Pennington Kelly M, Heien Herb, Yadav Hemang, Yao Xiaoxi, White Bradley, Peters Steve G, Escalante Patricio, Ngufor Che, Razonable Raymund R, Kennedy Cassie C
Division of Pulmonary and Critical Care Medicine, Department of Medicine, Mayo Clinic Rochester, Rochester, Minnesota, United States of America.
William J. von Liebig Center for Transplantation and Clinical Regeneration, Mayo Clinic Rochester, Rochester, Minnesota, United States of America.
PLoS One. 2025 Aug 21;20(8):e0330162. doi: 10.1371/journal.pone.0330162. eCollection 2025.
Lung transplant recipients (LTRs) are susceptible to invasive candidiasis (IC). This study aimed to assess the incidence, risk factors, and impact of IC on mortality in LTRs using a national insurance claims cohort.
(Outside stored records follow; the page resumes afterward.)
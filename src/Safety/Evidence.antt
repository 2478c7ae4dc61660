-- ===== src/Safety/Evidence.antt =====
-- The circuit breaker's row and its evidence agree in every state that the operations of
-- src/autocontribute/store.py reach.
use autocontribute.Base.{
  ℕ, ◌+◌, ◌≤◌, ◌<◌, String, Option, none, some, Bool, true, false, not, ◌&&◌, List, [], ◌∷◌, ◌++◌,
  length, ◌≡◌, ◌⊎◌, inl, inr, refl, ap, sym, ◌∙◌, arith, eq_iff, is_none, All, Bool-cases, subst,
}
use native.Mathlib.Nat.{le_refl}
use autocontribute.Errors.{ok, Result-cases}
use autocontribute.Lease.Cell.{is_generation, max_generation}
use autocontribute.Safety.State.{
  Trigger, tripped, BreakerEvent, Breaker, Safety, Library, new_safety,
}
use autocontribute.Safety.Breaker.{
  find_event, triggers_of, active_triggers, revision_of, trip_event, Status, circuit_breaker_status,
  cleared, resume, last, verify_evidence, is_empty, max_active_triggers, optional_revision,
  same_trigger,
}
use autocontribute.Safety.Events.{
  triggers_of-append, last-append, triggers_of-later, All-grown, All-snoc, IsUnique, IsUnique-trip,
  IsUnique-resume, last-some,
}
use autocontribute.Safety.Steps.{Step, resumes, Reach, here, next, IsCalm, Step-IsCalm}

-- The row is tripped by the latest evidence of its epoch, and clear where there is none.
pub record IsSoundAt (b : Breaker) (es : List BreakerEvent) : Type 0 where
  pub range : is_generation b.epoch ≡ true
  pub latest : last (triggers_of b.epoch es) ≡ b.evidence
  pub marked : b.is_tripped ≡ not (is_none b.evidence)
  pub past : All (λ e. e.epoch ≤ b.epoch) es
  pub unique : IsUnique es

abbrev pub IsSound : Safety → Type 0
IsSound s = IsSoundAt s.breaker s.events

grown-IsSoundAt :
    (now : ℕ) (t : Trigger) (b : Breaker) (es : List BreakerEvent)
    → find_event tripped t.trigger_hash es ≡ none
    → IsSoundAt b es
    → IsSoundAt
        (record b { is_tripped = true; changed_at = now; evidence = some t })
        (es ++ trip_event b.epoch now t ∷ [])
grown-IsSoundAt now t b es fresh sound = record {
  range = sound.range;
  latest =
      let own : triggers_of b.epoch (trip_event b.epoch now t ∷ []) ≡ t ∷ [] = ground arith in
      ap last (triggers_of-append b.epoch es (trip_event b.epoch now t ∷ []))
      ∙ ap (λ more. last (triggers_of b.epoch es ++ more)) own
      ∙ last-append (triggers_of b.epoch es) t;
  marked = refl;
  past = All-snoc b.epoch es (trip_event b.epoch now t) sound.past (le_refl _);
  unique = IsUnique-trip es b.epoch now t sound.unique fresh;
}

same-IsSoundAt :
    (b c : Breaker) (es fs : List BreakerEvent) → c ≡ b → fs ≡ es → IsSoundAt b es → IsSoundAt c fs
same-IsSoundAt b c es fs breaker events sound =
    subst (λ x. IsSoundAt x fs) (sym breaker) (subst (IsSoundAt b) (sym events) sound)

calm-IsSound : (s after : Safety) → IsCalm s after → IsSound s → IsSound after
calm-IsSound s after (inl (events, breaker)) sound =
    same-IsSoundAt s.breaker after.breaker s.events after.events breaker events sound
calm-IsSound s after (inr (now, t, more)) sound =
    same-IsSoundAt _ after.breaker _ after.events more.breaker_after more.events_after
      (grown-IsSoundAt now t s.breaker s.events more.new sound)

-- What a resumption that succeeded did: it was given the revision of all active evidence.
pub record IsResumed (lib : Library) (now : ℕ) (actor reason expected : String) (s after : Safety)
    : Type 0 where
  pub reviewed : revision_of lib (triggers_of s.breaker.epoch s.events) ≡ ok expected
  pub room : s.breaker.epoch < max_generation
  pub done : after ≡ cleared now actor reason expected s

pub resume-IsResumed :
    (lib : Library) (now : ℕ) (actor reason expected : String) (s : Safety) (new : Bool)
    (after : Safety)
    → resume lib now actor reason expected s ≡ ok (new, after)
    → ((new ≡ false) × (after ≡ s)) ⊎ IsResumed lib now actor reason expected s after
unfolding resume active_triggers
resume-IsResumed lib now actor reason expected s new after h =
    elim (Bool-cases (s.breaker.is_tripped)) [
      | inr clear ↦ inl (ground arith, ground arith)
      | inl stopped ↦ elim (Result-cases (revision_of lib (triggers_of s.breaker.epoch s.events))) [
        | inr (e, failed) ↦ absurd (ground arith)
        | inl (revision, came) ↦
            let known = eq_iff revision expected in
            inr (record {
              reviewed = ground (arith, known);
              room = ground (arith, known);
              done = ground (arith, known);
            })
      ]
    ]

cleared-IsSound :
    (now : ℕ) (actor reason revision : String) (s : Safety)
    → s.breaker.epoch < max_generation
    → IsSound s
    → IsSound (cleared now actor reason revision s)
cleared-IsSound now actor reason revision s room sound = record {
  range = ground (arith, sound.range);
  latest = ap last (
      triggers_of-later s.breaker.epoch _
        (All-snoc s.breaker.epoch s.events _ sound.past (le_refl _)));
  marked = refl;
  past =
      All-grown s.breaker.epoch (s.breaker.epoch + 1) _ (omega arith)
        (All-snoc s.breaker.epoch s.events _ sound.past (le_refl _));
  unique = IsUnique-resume s.events _ sound.unique refl;
}

pub Step-IsSound : {lib : Library} {s after : Safety} → Step lib s after → IsSound s → IsSound after
Step-IsSound {s} {after} (resumes now actor reason expected new u h) sound =
    elim (resume-IsResumed _ now actor reason expected s new u h) [
      | inl (old, same) ↦ subst IsSound (sym same) sound
      | inr r ↦
          subst IsSound (sym r.done) (cleared-IsSound now actor reason expected s r.room sound)
    ]
Step-IsSound {s} {after} st sound = calm-IsSound s after (Step-IsCalm st refl) sound

pub new_safety-IsSound : (now : ℕ) → IsSound (new_safety now)
new_safety-IsSound now = record {
  range = refl;
  latest = refl;
  marked = refl;
  past = tt;
  unique = λ e m. elim m [ ];
}

pub Reach-IsSound : {lib : Library} {s t : Safety} → IsSound s → Reach lib s t → IsSound t
Reach-IsSound sound here = sound
Reach-IsSound sound (next r st) = Step-IsSound st (Reach-IsSound sound r)

same_trigger_lem :
    (active : List Trigger) (o : Option Trigger)
    → last active ≡ o
    → not (is_empty active) && not (same_trigger (last active) o) ≡ false
same_trigger_lem active none e = rw (last-some active, e) refl
same_trigger_lem active (some t) e = rw e (
    ground (
      arith,
      eq_iff t.source t.source,
      eq_iff t.reason t.reason,
      eq_iff t.trigger_hash t.trigger_hash,
    ))

-- In every state that the operations reach from a new store, while an epoch has at most the bounded
-- number of triggers, the breaker's status can be read and its evidence verifies: it is tripped
-- exactly when its epoch has active triggers, the latest of which its row names.
pub evidence_verified :
    (lib : Library) (now : ℕ) (s : Safety)
    → Reach lib (new_safety now) s
    → length (triggers_of s.breaker.epoch s.events) ≤ max_active_triggers
    → (verify_evidence s ≡ ok tt)
      × ((status : Status) × (circuit_breaker_status lib s ≡ ok status)
          × (status.is_tripped ≡ not (is_empty status.active_triggers))
          × (status.active_triggers ≡ triggers_of s.breaker.epoch s.events)
          × (last status.active_triggers ≡ status.evidence))
unfolding verify_evidence circuit_breaker_status active_triggers
evidence_verified lib now s reached few =
    let sound = Reach-IsSound (new_safety-IsSound now) reached in
    let active = triggers_of s.breaker.epoch s.events in
    let status : Status = record {
      is_tripped = s.breaker.is_tripped;
      epoch = s.breaker.epoch;
      changed_at = s.breaker.changed_at;
      evidence = s.breaker.evidence;
      active_revision = optional_revision lib active;
      active_triggers = active;
    } in
    let marked : s.breaker.is_tripped ≡ not (is_empty active) =
      sound.marked
      ∙ ap (λ o. not (is_none o)) (sym sound.latest)
      ∙ ap not (sym (last-some active)) in
    (
      ground (
        arith,
        marked,
        sound.range,
        few,
        same_trigger_lem active s.breaker.evidence sound.latest,
      ),
      (status, ground (arith, marked, sound.range, sound.marked, few), marked, refl, sound.latest),
    )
We conducted a retrospective cohort study using administrative claims data from the OptumLabs® Data Warehouse. We identified LTRs from January 1, 2005, to December 31, 2023, using procedural codes. Exclusion criteria included re-transplantations and pre-transplant IC. We employed multivariable logistic regression to identify risk factors for IC and Cox Proportional Hazard models to assess the impact of IC on mortality.
Among 1279 LTRs, 131 (10.2%) developed IC, primarily during the initial hospitalization for lung transplantation (index hospitalization). The median time to IC diagnosis was 32.0 days following transplant. Post-transplant extra-corporeal membrane oxygenation (ECMO) for more than 8 days was associated with IC (OR: 2.34; 95% CI 1.03 to 5.34). Mortality was higher in LTRs with IC (HR: 2.31; 95% CI: 1.45 to 3.67; p < 0.001). LTRs with IC also had longer hospital stays (median 26.0 days vs. 20.0 days; p < 0.001) and more re-operations (36.7% vs. 27.3%; p = 0.003) compared to those without IC.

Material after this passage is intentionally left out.